Brantford, ON – Weekly Report – July 8-12, 2019
July 16, 2019
MDS REPORT – 1st WEEK – volunteer groups from Avon, Stirling and St Jacobs ON Mennonite Churches
- We have 4 main components to our work at the Woodland Cultural Centre
- Repairing a Mohawk Longhouse that will be used then for our school furniture building, our 2nd component. The Longhouse was completed.
- Period school furniture from early 1900’s – a dozen school desks, 8 cafeteria tables and 16 benches & miscel benches to be built. 3 school benches were completed along with preparing other furniture pieces
- Relocate school library, public and rare book collection/archives back into the school building – this is an on going project with assembling book shelves, moving a lot of boxes of books from storage and filling and filing of many books
- Participate in an archaeological dig on the school grounds (Wed) – digging test pits and screening for artifacts
- The week started with a ceremonial Six Nations opening and half day orientation through a museum tour, school tour and a virtual tour and meeting a residential school survivor. In order to understand the effect of the residential school system, one first has to understand the indigenous culture. Wed evenings is a cultural evening, another chance to experience the Six Nations cultural, an indigenous dance workshop, along with a potluck supper shared with survivors, staff and visitors. The week finished with a ceremonial Six Nations closing. The volunteers accomplished a lot of work, appreciation of the indigenous culture and learned about the many wrongs dealt to the indigenous inhabitants, as well as building many new relationships. MCCO staff facilitated evening “talking circles” to share impressions, feelings and experiences.
One of our Youth volunteers, Laura Wagler from the Avon Mennonite Church in Stratford, ON, one of 3 churches represented the 1st week, wrote about her impressions of the week.
For our youth service trip we went to the Woodland Cultural Centre (WCC) in Brantford, which is the location of the first residential school to open in Ontario. Our job was to help the staff with different tasks so they can open the school as a memorial in 2020. Our trip went from July 7-12. There were 16 volunteers in our group. 10 youth and 6 adults from Stirling Mennonite church, St. Jacobs Mennonite church, and Avon Mennonite church.
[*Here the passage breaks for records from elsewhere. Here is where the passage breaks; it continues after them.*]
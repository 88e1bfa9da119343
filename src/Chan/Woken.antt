-- ===== src/Chan/Woken.antt =====
-- The tasks that the end of a wait on a channel makes ready.
use microthread.Base.{
  ℕ, ◌≡◌, refl, ◌∙◌, true, false, Bool, Option-cases, inl, inr, update, List, [], ◌∷◌, ◌++◌, arith,
  has, if_both, has-append, eq→==, if◌then◌else◌,
}
use microthread.State.{Code, TaskState, op_send, op_recv, op_default, op_timeout, SelectOp, Runtime}
use microthread.Transitions.{
  set_task, complete_channel_wait, complete_select_wait, mark_ready, runq_push, notify,
}
use microthread.TimerOps.{timer_remove}
use microthread.SelectWait.{
  select_waitq_remove, dequeue, remove_waiter_from_channel, remove_all, free_task_waiters,
  stop_timeout, unpark_task, complete_waiter,
}

-- The task is ready and queued to run, and its call on a channel returns `result`.
pub record IsWoken (result : Code) (rt : Runtime) (t : ℕ) : Type 0 where
  pub state : (rt.task t).state ≡ TaskState.ready
  pub chan_result : (rt.task t).chan_result ≡ result
  pub queued : has t rt.runq ≡ true

pub last_has : (t : ℕ) (xs : List ℕ) → has t (xs ++ t ∷ []) ≡ true
last_has t xs = ground (arith, has-append t xs (t ∷ []))

pub still_has : (t u : ℕ) (xs : List ℕ) → has t xs ≡ true → has t (xs ++ u ∷ []) ≡ true
still_has t u xs h = ground (arith, has-append t xs (u ∷ []), h)

pub complete-IsWoken :
    (rt : Runtime) (t : ℕ) (r : Code) → IsWoken r (complete_channel_wait rt t r) t
unfolding complete_channel_wait mark_ready runq_push notify
complete-IsWoken rt t r = ground (arith, eq→== t t refl, last_has t rt.runq)

pub complete-keeps :
    (rt : Runtime) (t u : ℕ) (r : Code)
    → IsWoken r rt u
    → IsWoken r (complete_channel_wait rt t r) u
unfolding complete_channel_wait mark_ready runq_push notify
complete-keeps rt t u r h = ground (arith, h, still_has u t rt.runq h.queued)

-- The ends of selects change neither tasks nor the run queue while they free their waiters, nor whose a
-- waiter is.
pub record IsSame (a b : Runtime) : Type 0 where
  pub task : b.task ≡ a.task
  pub runq : b.runq ≡ a.runq
  pub owner : (w : ℕ) → (b.waiter w).task ≡ (a.waiter w).task

IsSame-trans : (a b c : Runtime) → IsSame a b → IsSame b c → IsSame a c
IsSame-trans a b c x y = record {
  task = y.task ∙ x.task;
  runq = y.runq ∙ x.runq;
  owner = λ w. y.owner w ∙ x.owner w;
}

dequeue-IsSame : (rt : Runtime) (op : SelectOp) (c w : ℕ) → IsSame rt (dequeue rt op c w).1
unfolding dequeue select_waitq_remove
dequeue-IsSame rt op_send c w = record {
  task = ground arith;
  runq = ground arith;
  owner = λ u. ground arith;
}
dequeue-IsSame rt op_recv c w = record {
  task = ground arith;
  runq = ground arith;
  owner = λ u. ground arith;
}
dequeue-IsSame rt op_default c w = record { task = refl; runq = refl; owner = λ u. refl }
dequeue-IsSame rt op_timeout c w = record { task = refl; runq = refl; owner = λ u. refl }

remove-IsSame : (rt : Runtime) (w : ℕ) → IsSame rt (remove_waiter_from_channel rt w).1
unfolding remove_waiter_from_channel
remove-IsSame rt w = elim (Option-cases (rt.waiter w).ch) [
  | inl e ↦
      rw (e, remove_waiter_from_channel) (record { task = refl; runq = refl; owner = λ u. refl })
  | inr (c, e) ↦
      rw (e, remove_waiter_from_channel)
        (if_both (λ (x : Bool × Runtime). IsSame rt x.1) (rt.waiter w).active
          {x = dequeue rt (rt.waiter w).op c w} {y = (false, rt)}
          (dequeue-IsSame rt (rt.waiter w).op c w)
          (record { task = refl; runq = refl; owner = λ u. refl }))
]

pub remove_all-IsSame : (rt : Runtime) (ws : List ℕ) → IsSame rt (remove_all rt ws)
unfolding remove_all
remove_all-IsSame rt [] = record { task = refl; runq = refl; owner = λ u. refl }
remove_all-IsSame rt (w ∷ ws) =
    let next = if (rt.waiter w).active then (remove_waiter_from_channel rt w).1 else rt in
    IsSame-trans rt next (remove_all next ws)
      (if_both (IsSame rt) (rt.waiter w).active (remove-IsSame rt w)
        (record { task = refl; runq = refl; owner = λ u. refl }))
      (remove_all-IsSame next ws)

free-keeps :
    (rt : Runtime) (t u : ℕ) (r : Code) → IsWoken r rt u → IsWoken r (free_task_waiters rt t) u
unfolding free_task_waiters
free-keeps rt t u r h =
    let e = remove_all-IsSame rt (rt.task t).select_waiters in ground (arith, h, e.task, e.runq)

stop-keeps : (rt : Runtime) (t u : ℕ) (r : Code) → IsWoken r rt u → IsWoken r (stop_timeout rt t) u
unfolding stop_timeout timer_remove
stop-keeps rt t u r h = ground (arith, h)

wait-keeps :
    (rt : Runtime) (t u : ℕ) (r : Code) → IsWoken r rt u → IsWoken r (complete_select_wait rt t) u
unfolding complete_select_wait
wait-keeps rt t u r h = ground (arith, h)

ready-keeps :
    (rt : Runtime) (t u i : ℕ) (r s : Code)
    → IsWoken r rt u
    → IsWoken r
        (mark_ready (set_task rt t (record (rt.task t) { select_result = s; select_index = i })) t)
        u
unfolding mark_ready runq_push notify
ready-keeps rt t u i r s h = ground (arith, h, still_has u t rt.runq h.queued)

unpark-keeps :
    (rt : Runtime) (t u i : ℕ) (r s : Code) → IsWoken r rt u → IsWoken r (unpark_task rt t s i) u
unfolding unpark_task
unpark-keeps rt t u i r s h =
    let stopped = stop_timeout rt t in
    let freed = free_task_waiters stopped t in
    ready-keeps (complete_select_wait freed t) t u i r s
      (wait-keeps freed t u r (free-keeps stopped t u r (stop-keeps rt t u r h)))

-- the end of a select leaves the woken tasks as they are
pub waiter-keeps :
    (rt : Runtime) (w u : ℕ) (r s : Code) → IsWoken r rt u → IsWoken r (complete_waiter rt w s) u
unfolding complete_waiter
waiter-keeps rt w u r s h = elim (Option-cases (rt.waiter w).task) [
  | inl e ↦ rw (e, complete_waiter) h
  | inr (t, e) ↦
      rw (e, complete_waiter)
        (unpark-keeps
          (record rt { waiter = update rt.waiter w (record (rt.waiter w) { active = false }) }) t u
          (rt.waiter w).index r s
          (record { state = h.state; chan_result = h.chan_result; queued = h.queued }))
]
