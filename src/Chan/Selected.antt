-- ===== src/Chan/Selected.antt =====
-- Which waiters the end of a select takes out of the queues.
use mathlib.Core.Path.{subst}
use mathlib.Core.Option.{some-injective}
use native.Mathlib.Decide.{ℕ_discrete}
use microthread.Base.{
  ℕ, ◌≡◌, ◌≢◌, refl, sym, ◌∙◌, true, false, Bool, some, List, [], ◌∷◌, arith, has, has-erase-other,
  if_both, if◌then◌else◌, Option-cases, inl, inr, eq→==, ne→==,
}
use microthread.State.{Code, SelectOp, op_send, op_recv, op_default, op_timeout, Runtime}
use microthread.Transitions.{
  set_task, complete_channel_wait, complete_select_wait, mark_ready, runq_push, notify,
}
use microthread.TimerOps.{timer_remove}
use microthread.Chan.Woken.{remove_all-IsSame}
use microthread.SelectWait.{
  select_waitq_remove, dequeue, remove_waiter_from_channel, remove_all, free_task_waiters,
  stop_timeout, unpark_task,
}

-- the waiters that a task lists are its own
abbrev pub IsOwned : Runtime → Type 0
IsOwned rt = (t w : ℕ) → has w (rt.task t).select_waiters ≡ true → (rt.waiter w).task ≡ some t

-- the list of waiters of each task, and whose a waiter is, stay
pub record Quiet (a b : Runtime) : Type 0 where
  pub chan : b.chan ≡ a.chan
  pub owner : (w : ℕ) → (b.waiter w).task ≡ (a.waiter w).task
  pub waiters : (t : ℕ) → (b.task t).select_waiters ≡ (a.task t).select_waiters

stop-Quiet : (rt : Runtime) (t : ℕ) → Quiet rt (stop_timeout rt t)
unfolding stop_timeout timer_remove
stop-Quiet rt t = record {
  chan = ground arith;
  owner = λ w. ground arith;
  waiters = λ u. ground arith;
}

wait-Quiet : (rt : Runtime) (t : ℕ) → Quiet rt (complete_select_wait rt t)
unfolding complete_select_wait
wait-Quiet rt t = record {
  chan = ground arith;
  owner = λ w. ground arith;
  waiters = λ u. ground arith;
}

ready-Quiet :
    (rt : Runtime) (t i : ℕ) (s : Code)
    → Quiet rt
        (mark_ready (set_task rt t (record (rt.task t) { select_result = s; select_index = i })) t)
unfolding mark_ready runq_push notify
ready-Quiet rt t i s = record {
  chan = ground arith;
  owner = λ w. ground arith;
  waiters = λ u. ground arith;
}

pub complete-Quiet : (rt : Runtime) (t : ℕ) (s : Code) → Quiet rt (complete_channel_wait rt t s)
unfolding complete_channel_wait mark_ready runq_push notify
complete-Quiet rt t s = record {
  chan = ground arith;
  owner = λ w. ground arith;
  waiters = λ u. ground arith;
}

pub Quiet-IsOwned : (a b : Runtime) → Quiet a b → IsOwned a → IsOwned b
Quiet-IsOwned a b q o t w h =
    q.owner w ∙ o t w (subst (λ (ws : List ℕ). has w ws ≡ true) (q.waiters t) h)

-- a removal keeps the other members of the queues
pub record Removed (v : ℕ) (a b : Runtime) : Type 0 where
  pub sends : (c : ℕ) → has v (a.chan c).select_send ≡ true → has v (b.chan c).select_send ≡ true
  pub recvs : (c : ℕ) → has v (a.chan c).select_recv ≡ true → has v (b.chan c).select_recv ≡ true

Removed-refl : (v : ℕ) (a : Runtime) → Removed v a a
Removed-refl v a = record { sends = λ c h. h; recvs = λ c h. h }

Removed-trans : (v : ℕ) (a b d : Runtime) → Removed v a b → Removed v b d → Removed v a d
Removed-trans v a b d x y = record {
  sends = λ c h. y.sends c (x.sends c h);
  recvs = λ c h. y.recvs c (x.recvs c h);
}

dequeue-Removed :
    (rt : Runtime) (op : SelectOp) (c w v : ℕ) → w ≢ v → Removed v rt (dequeue rt op c w).1
unfolding dequeue select_waitq_remove
dequeue-Removed rt op_send c w v n = record {
  sends = λ d h. ground (arith, h, has-erase-other v w (rt.chan c).select_send n);
  recvs = λ d h. ground (arith, h);
}
dequeue-Removed rt op_recv c w v n = record {
  sends = λ d h. ground (arith, h);
  recvs = λ d h. ground (arith, h, has-erase-other v w (rt.chan c).select_recv n);
}
dequeue-Removed rt op_default c w v n = Removed-refl v rt
dequeue-Removed rt op_timeout c w v n = Removed-refl v rt

remove-Removed : (rt : Runtime) (w v : ℕ) → w ≢ v → Removed v rt (remove_waiter_from_channel rt w).1
unfolding remove_waiter_from_channel
remove-Removed rt w v n = elim (Option-cases (rt.waiter w).ch) [
  | inl e ↦ rw (e, remove_waiter_from_channel) (Removed-refl v rt)
  | inr (c, e) ↦
      rw (e, remove_waiter_from_channel)
        (if_both (λ (x : Bool × Runtime). Removed v rt x.1) (rt.waiter w).active
          {x = dequeue rt (rt.waiter w).op c w} {y = (false, rt)}
          (dequeue-Removed rt (rt.waiter w).op c w v n) (Removed-refl v rt))
]

-- the removal of waiters among which `v` is not
remove_all-Removed :
    (rt : Runtime) (ws : List ℕ) (v : ℕ) → has v ws ≡ false → Removed v rt (remove_all rt ws)
unfolding remove_all
remove_all-Removed rt [] v out = Removed-refl v rt
remove_all-Removed rt (w ∷ ws) v out =
    let next = if (rt.waiter w).active then (remove_waiter_from_channel rt w).1 else rt in
    Removed-trans v rt next (remove_all next ws)
      (if_both (Removed v rt) (rt.waiter w).active (remove-Removed rt w v (apart out))
        (Removed-refl v rt))
      (remove_all-Removed next ws v (ground (arith, out)))
  where
    apart : has v (w ∷ ws) ≡ false → w ≢ v
    apart o i = true≢false (sym (ground (arith, i)) ∙ o)
      where
        true≢false : Path Bool true false → ⊥
        true≢false e = cc

-- the waiters of a task are freed
free-IsOwned : (rt : Runtime) (t : ℕ) → IsOwned rt → IsOwned (free_task_waiters rt t)
unfolding free_task_waiters
free-IsOwned rt t o u w h =
    let same = remove_all-IsSame rt (rt.task t).select_waiters in
    same.owner w ∙ o u w (listed same.task h)
  where
    none_listed : Path Bool false true → ⊥
    none_listed e = cc

    listed :
        (remove_all rt (rt.task t).select_waiters).task ≡ rt.task
        → has w ((free_task_waiters rt t).task u).select_waiters ≡ true
        → has w (rt.task u).select_waiters ≡ true
    listed e l = elim (ℕ_discrete t u) [
      | yes i ↦ absurd (none_listed (rw (eq→== t u i) at l))
      | no n ↦ subst (λ f. has w (f u).select_waiters ≡ true) e (rw (ne→== t u n) at l)
    ]

-- the waiter of another task stays
free-Removed :
    (rt : Runtime) (t u w : ℕ)
    → IsOwned rt
    → (rt.waiter w).task ≡ some u
    → t ≢ u
    → Removed w rt (free_task_waiters rt t)
unfolding free_task_waiters
free-Removed rt t u w o e n =
    let r =
      remove_all-Removed rt (rt.task t).select_waiters w
        (elsewhere (has w (rt.task t).select_waiters) refl) in
    record { sends = r.sends; recvs = r.recvs }
  where
    elsewhere : (b : Bool) → has w (rt.task t).select_waiters ≡ b → b ≡ false
    elsewhere false h = refl
    elsewhere true h = absurd (n (some-injective t u (sym (o t w h) ∙ e)))

-- What is known of the waiter `w` of the task `t` while selects end.
pub record Tied (w t : ℕ) (rt : Runtime) : Type 0 where
  pub owned : IsOwned rt
  pub owner : (rt.waiter w).task ≡ some t

pub Quiet-Tied : (w t : ℕ) (a b : Runtime) → Quiet a b → Tied w t a → Tied w t b
Quiet-Tied w t a b q k = record { owned = Quiet-IsOwned a b q k.owned; owner = q.owner w ∙ k.owner }

free-Tied : (w t u : ℕ) (rt : Runtime) → Tied w t rt → Tied w t (free_task_waiters rt u)
unfolding free_task_waiters
free-Tied w t u rt k = record {
  owned = free-IsOwned rt u k.owned;
  owner = (remove_all-IsSame rt (rt.task u).select_waiters).owner w ∙ k.owner;
}

pub unpark-Tied :
    (w t u i : ℕ) (s : Code) (rt : Runtime) → Tied w t rt → Tied w t (unpark_task rt u s i)
unfolding unpark_task
unpark-Tied w t u i s rt k =
    let stopped = stop_timeout rt u in
    let freed = free_task_waiters stopped u in
    let ended = complete_select_wait freed u in
    Quiet-Tied w t ended _ (ready-Quiet ended u i s) (
      Quiet-Tied w t freed ended (wait-Quiet freed u)
        (free-Tied w t u stopped (Quiet-Tied w t rt stopped (stop-Quiet rt u) k)))

-- the end of another task's select leaves the waiter in its queue
pub unpark-Removed :
    (w t u i : ℕ) (s : Code) (rt : Runtime)
    → u ≢ t
    → Tied w t rt
    → Removed w rt (unpark_task rt u s i)
unfolding unpark_task
unpark-Removed w t u i s rt n k =
    let stopped = stop_timeout rt u in
    let freed = free_task_waiters stopped u in
    let ended = complete_select_wait freed u in
    let before = Quiet-Tied w t rt stopped (stop-Quiet rt u) k in
    let last_ =
      mark_ready (set_task ended u (record (ended.task u) { select_result = s; select_index = i }))
        u in
    Removed-trans w rt stopped last_ (quiet-Removed rt stopped (stop-Quiet rt u)) (
      Removed-trans w stopped freed last_ (free-Removed stopped u t w before.owned before.owner n) (
        Removed-trans w freed ended last_ (quiet-Removed freed ended (wait-Quiet freed u))
          (quiet-Removed ended last_ (ready-Quiet ended u i s))))
  where
    quiet-Removed : (a b : Runtime) → Quiet a b → Removed w a b
    quiet-Removed a b q = record {
      sends = λ c h. subst (λ f. has w (f c).select_send ≡ true) (sym q.chan) h;
      recvs = λ c h. subst (λ f. has w (f c).select_recv ≡ true) (sym q.chan) h;
    }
This week we helped organize the library and move lots of boxes of books. This was very special because of the vast collection of historical books we had the pleasure to handle, it’s amazing how much history they have preserved here. We also helped finish the roof of the longhouse and level it, go on an archeological dig in the back field and build school desks. But when I look back at the week, my favourite and most memorable experiences were with the community here. We met 2 residential school survivors, Karen and Geronimo who were so kind to open up and share about their experiences whilst attending the residential school. We met Mim, with MCCO, who taught us about different indigenous traditions. She also helped the group break out of their shells and share their feelings and experiences with each other during our indigenous talking circles. We met Evan, from the WCC staff, who taught us 4 different indigenous dances and their meanings, which ultimately allowed us to break down the barriers between each other and have fun together. We met Lindsay, from the WCC Museum staff, who gave us a very informative tour of the museum, and taught us about the indigenous culture and how large of an impact the residential school system had on their people. She allowed our group to ask as many questions as we wanted, which gave us new knowledge and appreciation for the history here.
I am sure that there are so many more stories that the rest of the group could share, but these 4 stood out to me the most when I looked back at the week and they will always hold a special place in my heart.